I have to write a function, countLetters(word)
, that takes in a word as argument and returns a list that counts the number of times each letter appears. The letters must be sorted in alphabetical order.
This is my attempt:
def countLetters(word):
x = 0
y = []
for i in word:
for j in range(len(y)):
if i not in y[j]:
x = (i, word.count(i))
y.append(x)
return y
I first tried it without the if i not in y[j]
countLetters("google")
result was
[('g', 2), ('o', 2), ('o', 2), ('g', 2), ('l', 1), ('e', 1)]
when I wanted
[('e', 1), ('g', 2), ('l', 1), ('o', 2)]
When I added the if i not in y[j]
filter, it just returns an empty list [].
Could someone please point out my error here?
I recommend the collections
module's Counter
if you're in Python 2.7+
>>> import collections
>>> s = 'a word and another word'
>>> c = collections.Counter(s)
>>> c
Counter({' ': 4, 'a': 3, 'd': 3, 'o': 3, 'r': 3, 'n': 2, 'w': 2, 'e': 1, 'h': 1, 't': 1})
You can do the same in any version Python with an extra line or two:
>>> c = {}
>>> for i in s:
... c[i] = c.get(i, 0) + 1
This would also be useful to check your work.
To sort in alphabetical order (the above is sorted by frequency)

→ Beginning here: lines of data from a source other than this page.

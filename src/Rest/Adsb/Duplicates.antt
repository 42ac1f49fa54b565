-- ===== src/Rest/Adsb/Duplicates.antt =====
-- The deduplication of ADS-B packets: server/src/rest/api/adsb.rs on a Redis that counts.
use svc_telemetry.Base.{
  ℕ, zero, suc, ◌<◌, ◌^◌, ◌≡◌, refl, ◌∙◌, arith, ◌∷◌, some, ok, err, true, false, length, ◌==◌,
  if◌then◌else◌,
}
use svc_telemetry.World.{Value, end, more, Event, pipeline, Bytes, History, Io, or_err}
use svc_telemetry.Base.Int.{pos}
use svc_telemetry.World.Effects.{bind_ok, or_err_ok, Yields, yield_rules, bind-Yields, fail-Yields}
use svc_telemetry.Cache.{TelemetryPools, bytes_to_key}
use svc_telemetry.Cache.Pool.{increment}
use svc_telemetry.Cache.Pool.Pipelines.{increment_steps}
use svc_telemetry.Cache.Pool.Counting.{IsCounting, incrs, stored_key, increment_answered}
use svc_telemetry.Msg.Adsb.{Libm, get_adsb_icao_address}
use svc_telemetry.Msg.Netrid.Clock.{Chrono}
use svc_telemetry.Rest.Status.{StatusCode, bad_request, internal_server_error}
use svc_telemetry.Rest.Service.{Service}
use svc_telemetry.Rest.Adsb.Push.{AdsbDeku, Packet, not_adsb, adsb_format}
use svc_telemetry.Rest.Adsb.{
  store_packet, process_frame, process_packet, on_count, adsb, cache_expire_ms_adsb,
}
use svc_telemetry.Rest.Adsb.Stored.{unpacked}

-- The key under which a packet is counted.
abbrev pub packet_key : TelemetryPools → Bytes → Bytes
packet_key pools payload = stored_key pools.adsb (bytes_to_key payload)

-- The increment of a packet's count.
abbrev pub counting : TelemetryPools → Bytes → Event
counting pools payload =
    pipeline (increment_steps pools.adsb (bytes_to_key payload) cache_expire_ms_adsb)

module _ (ch : Chrono) (sv : Service ch) (lib : Libm) (deku : AdsbDeku) where
  on_count_lem :
      (n : ℕ) (p : ℕ → Io StatusCode ℕ) (h : History)
      → on_count ch sv lib deku (suc n) (p (suc n)) h ≡ (if n == 0 then p 1 h else (ok (suc n), h))
  unfolding on_count
  on_count_lem zero p h = refl
  on_count_lem (suc n) p h = ground arith

  -- A packet of another length.
  pub adsb_short :
      (pools : TelemetryPools) (payload : Bytes) (h : History)
      → length payload == 14 ≡ false
      → adsb ch sv lib deku pools payload h ≡ (err bad_request, h)
  unfolding adsb
  adsb_short pools payload h q = rw q refl

  -- A packet whose INCR is answered with `suc n` is processed if `n` is 0.
  pub adsb_answered :
      (pools : TelemetryPools) (payload : Bytes) (n : ℕ) (h : History)
      → length payload ≡ 14
      → sv.backends.connects h ≡ true
      → sv.backends.answer h
          (increment_steps pools.adsb (bytes_to_key payload) cache_expire_ms_adsb)
        ≡ some (Value.bulk (more (Value.int (pos (suc n))) end))
      → suc n < 2 ^ 32
      → adsb ch sv lib deku pools payload h ≡ (
          if n == 0
          then process_packet ch sv lib deku pools payload 1 (counting pools payload ∷ h)
          else (ok (suc n), counting pools payload ∷ h))
  adsb_answered pools payload n h len c a small =
      let count_it = increment sv.backends pools.adsb (bytes_to_key payload) cache_expire_ms_adsb in
      let process : ℕ → Io StatusCode ℕ = process_packet ch sv lib deku pools payload in
      unpacked ch sv lib deku pools payload h len
      ∙ bind_ok (or_err count_it internal_server_error) (λ n. on_count ch sv lib deku n (process n))
          _ h (counting pools payload ∷ h)
          (or_err_ok count_it internal_server_error _ h _ (
            increment_answered sv.backends pools.adsb (bytes_to_key payload) cache_expire_ms_adsb n
              h c a small))
      ∙ on_count_lem n process (counting pools payload ∷ h)

  -- With a counting Redis, a packet of 14 bytes that was counted less than 2 ^ 32 - 1 times is processed
  -- when its key was not counted before; otherwise it is answered with its count, and nothing but the
  -- increment is sent.
  pub adsb-incrs :
      (k : IsCounting sv.backends) (pools : TelemetryPools) (payload : Bytes) (h : History)
      → length payload ≡ 14
      → suc (incrs (packet_key pools payload) h) < 2 ^ 32
      → adsb ch sv lib deku pools payload h ≡ (
          if incrs (packet_key pools payload) h == 0
          then process_packet ch sv lib deku pools payload 1 (counting pools payload ∷ h)
          else (ok (suc (incrs (packet_key pools payload) h)), counting pools payload ∷ h))
  adsb-incrs k pools payload h len small =
      adsb_answered pools payload _ h len (k.connected h)
        (k.counts h pools.adsb (bytes_to_key payload) cache_expire_ms_adsb) small

  store_packet-Yields :
      (icao : ℕ) (payload : Bytes) (count : ℕ)
      → Yields count (store_packet ch sv lib deku icao payload count)
  unfolding store_packet
  store_packet-Yields icao payload count = search yield_rules

  process_frame-Yields :
      (pools : TelemetryPools) (payload : Bytes) (count : ℕ) (p : Packet)
      → Yields count (process_frame ch sv lib deku pools payload count p)
  unfolding process_frame
  process_frame-Yields pools payload count not_adsb = fail-Yields count bad_request
  process_frame-Yields pools payload count (adsb_format address me) =
      bind-Yields count _ _ λ u. store_packet-Yields (get_adsb_icao_address address) payload count

  -- The answer to a first report, if it is a success, is its count.
  pub process_packet-Yields :
      (pools : TelemetryPools) (payload : Bytes) (count : ℕ)
      → Yields count (process_packet ch sv lib deku pools payload count)
  unfolding process_packet
  process_packet-Yields pools payload count =
      bind-Yields count _ _ λ p. process_frame-Yields pools payload count p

>>> for letter, count in sorted(c.items()):
... print '{letter}: {count}'.format(letter=letter, count=count)
...
: 4
a: 3
d: 3
e: 1
h: 1
n: 2
o: 3
r: 3
t: 1
w: 2
or to keep in a format that you can reuse as a dict:
>>> import pprint
>>> pprint.pprint(dict(c))
{' ': 4,
'a': 3,
'd': 3,
'e': 1,
'h': 1,
'n': 2,
'o': 3,
'r': 3,
't': 1,
'w': 2}
Finally, to get that as a list:
>>> pprint.pprint(sorted(c.items()))
[(' ', 4),
('a', 3),
('d', 3),
('e', 1),
('h', 1),
('n', 2),
('o', 3),
('r', 3),
('t', 1),
('w', 2)]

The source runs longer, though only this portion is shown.